Work item: All of the lines below should be copied word for word.

Dataset entries:
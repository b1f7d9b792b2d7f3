-- ===== src/Examples/Origins.antt =====
-- An example of the theorem about requests of other origins.
use agentapi.Prelude.{◌≡◌, ◌↔◌, refl, true, false, List, [], ◌∷◌, some, Text, codes, is_empty}
use agentapi.Origins.{Request, is_safe, trusted_origins, cross_origin_allowed}
use agentapi.Origins.Trusted.{TrustedBy, cross_origin_allowed_iff}

abbrev a_post : Request
a_post = record {
  method = "POST";
  host = codes "localhost:3284";
  origin = codes "https://a.example.com";
  sec_fetch_site = "cross-site";
}

abbrev trusted : List Text
trusted = codes "*" ∷ codes "https://*.example.com" ∷ []

cross_origin_allowed_iff_example :
    (cross_origin_allowed (λ s. s) (λ u. some u) (trusted_origins (λ s. s) trusted) a_post ≡ true)
    ↔ ((is_empty a_post.origin ≡ false) × TrustedBy (λ s. s) trusted a_post.origin)
unfolding is_safe
cross_origin_allowed_iff_example =
    cross_origin_allowed_iff (λ s. s) (λ u. some u) trusted a_post refl refl refl refl
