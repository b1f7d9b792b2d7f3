-- ===== src/Queue/Access.antt =====
-- What `Get`, `Update` and `Remove` of lib/httpapi/queue.go do to the messages, in terms of the
-- messages themselves rather than of their positions.
use agentapi.Prelude.{
  ℕ, zero, suc, ◌≤◌, ◌≡◌, refl, Bool, not, keep, List, [], ◌∷◌, map, Option, none, some, arith,
  ◌==◌, if◌then◌else◌, count, nat_eq, Text, index_func, delete_at, modify_at, Option-cases,
  get_elem?, is_some, inl, inr, sym,
}
use agentapi.Queue.{QueuedMessage, MessageQueue, changed, get, update, remove, index}
use agentapi.Queue.Pick.{ids_of, find_id, Distinct}

abbrev with_id : ℕ → QueuedMessage → Bool
with_id id m = m.id == id

position : ℕ → List QueuedMessage → Option QueuedMessage
position id xs = elim (index_func (with_id id) xs) [ none ↦ none | some i ↦ get_elem? xs i ]

position_find : (id : ℕ) (xs : List QueuedMessage) → position id xs ≡ find_id id xs
unfolding position
position_find id [] = refl
position_find id (x ∷ xs) = ground (arith, position_find id xs)

get-find_id : (q : MessageQueue) (id : ℕ) → get q id ≡ find_id id q.messages
unfolding get position
get-find_id q id = position_find id q.messages

index-find_id :
    (id : ℕ) (xs : List QueuedMessage)
    → is_some (index_func (with_id id) xs) ≡ is_some (find_id id xs)
index-find_id id [] = refl
index-find_id id (x ∷ xs) = ground (arith, index-find_id id xs)

keep-absent :
    (id : ℕ) (xs : List QueuedMessage)
    → count id (ids_of xs) ≡ 0
    → keep (λ m. not (with_id id m)) xs ≡ xs
keep-absent id [] h = refl
keep-absent id (x ∷ xs) h = ground (arith, keep-absent id xs)

delete_at-keep :
    (id i : ℕ) (xs : List QueuedMessage)
    → count id (ids_of xs) ≤ 1
    → index_func (with_id id) xs ≡ some i
    → delete_at i xs ≡ keep (λ m. not (with_id id m)) xs
delete_at-keep id i [] h e = refl
delete_at-keep id zero (x ∷ xs) h e = ground (arith, keep-absent id xs)
delete_at-keep id (suc i) (x ∷ xs) h e = ground (arith, delete_at-keep id i xs)

index-absent :
    (id : ℕ) (xs : List QueuedMessage)
    → index_func (with_id id) xs ≡ none
    → count id (ids_of xs) ≡ 0
index-absent id [] e = refl
index-absent id (x ∷ xs) e = ground (arith, index-absent id xs)

-- With distinct IDs in the queue, `Remove` takes out the message with the ID and keeps the others
-- in their order; it reports whether there was one.
pub remove_exact :
    (q : MessageQueue) (id : ℕ)
    → Distinct (ids_of q.messages)
    → ((remove q id).0.messages ≡ keep (λ m. not (m.id == id)) q.messages)
      × ((remove q id).1 ≡ is_some (find_id id q.messages))
unfolding remove changed
remove_exact q id d = elim (Option-cases (index q id)) [
  | inl e ↦
      rw (e, remove)
        (
          sym (keep-absent id q.messages (index-absent id q.messages e)),
          rw (← index-find_id id q.messages) (rw e),
        )
  | inr (i, e) ↦
      rw (e, remove)
        (delete_at-keep id i q.messages (d id) e, rw (← index-find_id id q.messages) (rw e))
]

-- The message with its content replaced, if it has the ID.
abbrev pub edited : ℕ → Text → QueuedMessage → QueuedMessage
edited id content m = if m.id == id then record m { content = content } else m

map-absent :
    (id : ℕ) (content : Text) (xs : List QueuedMessage)
    → count id (ids_of xs) ≡ 0
    → map (edited id content) xs ≡ xs
map-absent id content [] h = refl
map-absent id content (x ∷ xs) h = ground (arith, map-absent id content xs)

modify_at-map :
    (id : ℕ) (content : Text) (i : ℕ) (xs : List QueuedMessage)
    → count id (ids_of xs) ≤ 1
    → index_func (with_id id) xs ≡ some i
    → modify_at i (λ m. record m { content = content }) xs ≡ map (edited id content) xs
modify_at-map id content i [] h e = refl
modify_at-map id content zero (x ∷ xs) h e = ground (arith, map-absent id content xs)
modify_at-map id content (suc i) (x ∷ xs) h e = ground (arith, modify_at-map id content i xs)

-- With distinct IDs in the queue, `Update` replaces the content of the message with the ID, where
-- it stands, and nothing else; it reports whether there was one.
pub update_exact :
    (q : MessageQueue) (id : ℕ) (content : Text)
    → Distinct (ids_of q.messages)
    → ((update q id content).0.messages ≡ map (edited id content) q.messages)
      × ((update q id content).1 ≡ is_some (find_id id q.messages))
unfolding update changed
update_exact q id content d = elim (Option-cases (index q id)) [
  | inl e ↦
      rw (e, update)
        (
          sym (map-absent id content q.messages (index-absent id q.messages e)),
          rw (← index-find_id id q.messages) (rw e),
        )
  | inr (i, e) ↦
      rw (e, update)
        (modify_at-map id content i q.messages (d id) e, rw (← index-find_id id q.messages) (rw e))
]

Written reply:
repository b1f7d9b792b2d7f3
-- ===== src/Examples/Origins.antt =====
-- An example of the theorem about requests of other origins.
use agentapi.Prelude.{◌≡◌, ◌↔◌, refl, true, false, List, [], ◌∷◌, some, Text, codes, is_empty}
use agentapi.Origins.{Request, is_safe, trusted_origins, cross_origin_allowed}
use agentapi.Origins.Trusted.{TrustedBy, cross_origin_allowed_iff}

abbrev a_post : Request
a_post = record {
  method = "POST";
  host = codes "localhost:3284";
  origin = codes "https://a.example.com";
  sec_fetch_site = "cross-site";
}

abbrev trusted : List Text
trusted = codes "*" ∷ codes "https://*.example.com" ∷ []

cross_origin_allowed_iff_example :
    (cross_origin_allowed (λ s. s) (λ u. some u) (trusted_origins (λ s. s) trusted) a_post ≡ true)
    ↔ ((is_empty a_post.origin ≡ false) × TrustedBy (λ s. s) trusted a_post.origin)
unfolding is_safe
cross_origin_allowed_iff_example =
    cross_origin_allowed_iff (λ s. s) (λ u. some u) trusted a_post refl refl refl refl
repository b1f7d9b792b2d7f3
-- ===== src/Queue/Access.antt =====
-- What `Get`, `Update` and `Remove` of lib/httpapi/queue.go do to the messages, in terms of the
-- messages themselves rather than of their positions.
use agentapi.Prelude.{
  ℕ, zero, suc, ◌≤◌, ◌≡◌, refl, Bool, not, keep, List, [], ◌∷◌, map, Option, none, some, arith,
  ◌==◌, if◌then◌else◌, count, nat_eq, Text, index_func, delete_at, modify_at, Option-cases,
  get_elem?, is_some, inl, inr, sym,
}
use agentapi.Queue.{QueuedMessage, MessageQueue, changed, get, update, remove, index}
use agentapi.Queue.Pick.{ids_of, find_id, Distinct}

abbrev with_id : ℕ → QueuedMessage → Bool
with_id id m = m.id == id

position : ℕ → List QueuedMessage → Option QueuedMessage
position id xs = elim (index_func (with_id id) xs) [ none ↦ none | some i ↦ get_elem? xs i ]

position_find : (id : ℕ) (xs : List QueuedMessage) → position id xs ≡ find_id id xs
unfolding position
position_find id [] = refl
position_find id (x ∷ xs) = ground (arith, position_find id xs)

get-find_id : (q : MessageQueue) (id : ℕ) → get q id ≡ find_id id q.messages
unfolding get position
get-find_id q id = position_find id q.messages

index-find_id :
    (id : ℕ) (xs : List QueuedMessage)
    → is_some (index_func (with_id id) xs) ≡ is_some (find_id id xs)
index-find_id id [] = refl
index-find_id id (x ∷ xs) = ground (arith, index-find_id id xs)

keep-absent :
    (id : ℕ) (xs : List QueuedMessage)
    → count id (ids_of xs) ≡ 0
    → keep (λ m. not (with_id id m)) xs ≡ xs
keep-absent id [] h = refl
keep-absent id (x ∷ xs) h = ground (arith, keep-absent id xs)

delete_at-keep :
    (id i : ℕ) (xs : List QueuedMessage)
    → count id (ids_of xs) ≤ 1
    → index_func (with_id id) xs ≡ some i
    → delete_at i xs ≡ keep (λ m. not (with_id id m)) xs
delete_at-keep id i [] h e = refl
delete_at-keep id zero (x ∷ xs) h e = ground (arith, keep-absent id xs)
delete_at-keep id (suc i) (x ∷ xs) h e = ground (arith, delete_at-keep id i xs)

index-absent :
    (id : ℕ) (xs : List QueuedMessage)
    → index_func (with_id id) xs ≡ none
    → count id (ids_of xs) ≡ 0
index-absent id [] e = refl
index-absent id (x ∷ xs) e = ground (arith, index-absent id xs)

-- With distinct IDs in the queue, `Remove` takes out the message with the ID and keeps the others
-- in their order; it reports whether there was one.
pub remove_exact :
    (q : MessageQueue) (id : ℕ)
    → Distinct (ids_of q.messages)
    → ((remove q id).0.messages ≡ keep (λ m. not (m.id == id)) q.messages)
      × ((remove q id).1 ≡ is_some (find_id id q.messages))
unfolding remove changed
remove_exact q id d = elim (Option-cases (index q id)) [
  | inl e ↦
      rw (e, remove)
        (
          sym (keep-absent id q.messages (index-absent id q.messages e)),
          rw (← index-find_id id q.messages) (rw e),
        )
  | inr (i, e) ↦
      rw (e, remove)
        (delete_at-keep id i q.messages (d id) e, rw (← index-find_id id q.messages) (rw e))
]

-- The message with its content replaced, if it has the ID.
abbrev pub edited : ℕ → Text → QueuedMessage → QueuedMessage
edited id content m = if m.id == id then record m { content = content } else m

map-absent :
    (id : ℕ) (content : Text) (xs : List QueuedMessage)
    → count id (ids_of xs) ≡ 0
    → map (edited id content) xs ≡ xs
map-absent id content [] h = refl
map-absent id content (x ∷ xs) h = ground (arith, map-absent id content xs)

modify_at-map :
    (id : ℕ) (content : Text) (i : ℕ) (xs : List QueuedMessage)
    → count id (ids_of xs) ≤ 1
    → index_func (with_id id) xs ≡ some i
    → modify_at i (λ m. record m { content = content }) xs ≡ map (edited id content) xs
modify_at-map id content i [] h e = refl
modify_at-map id content zero (x ∷ xs) h e = ground (arith, map-absent id content xs)
modify_at-map id content (suc i) (x ∷ xs) h e = ground (arith, modify_at-map id content i xs)

-- With distinct IDs in the queue, `Update` replaces the content of the message with the ID, where
-- it stands, and nothing else; it reports whether there was one.
pub update_exact :
    (q : MessageQueue) (id : ℕ) (content : Text)
    → Distinct (ids_of q.messages)
    → ((update q id content).0.messages ≡ map (edited id content) q.messages)
      × ((update q id content).1 ≡ is_some (find_id id q.messages))
unfolding update changed
update_exact q id content d = elim (Option-cases (index q id)) [
  | inl e ↦
      rw (e, update)
        (
          sym (map-absent id content q.messages (index-absent id q.messages e)),
          rw (← index-find_id id q.messages) (rw e),
        )
  | inr (i, e) ↦
      rw (e, update)
        (modify_at-map id content i q.messages (d id) e, rw (← index-find_id id q.messages) (rw e))
]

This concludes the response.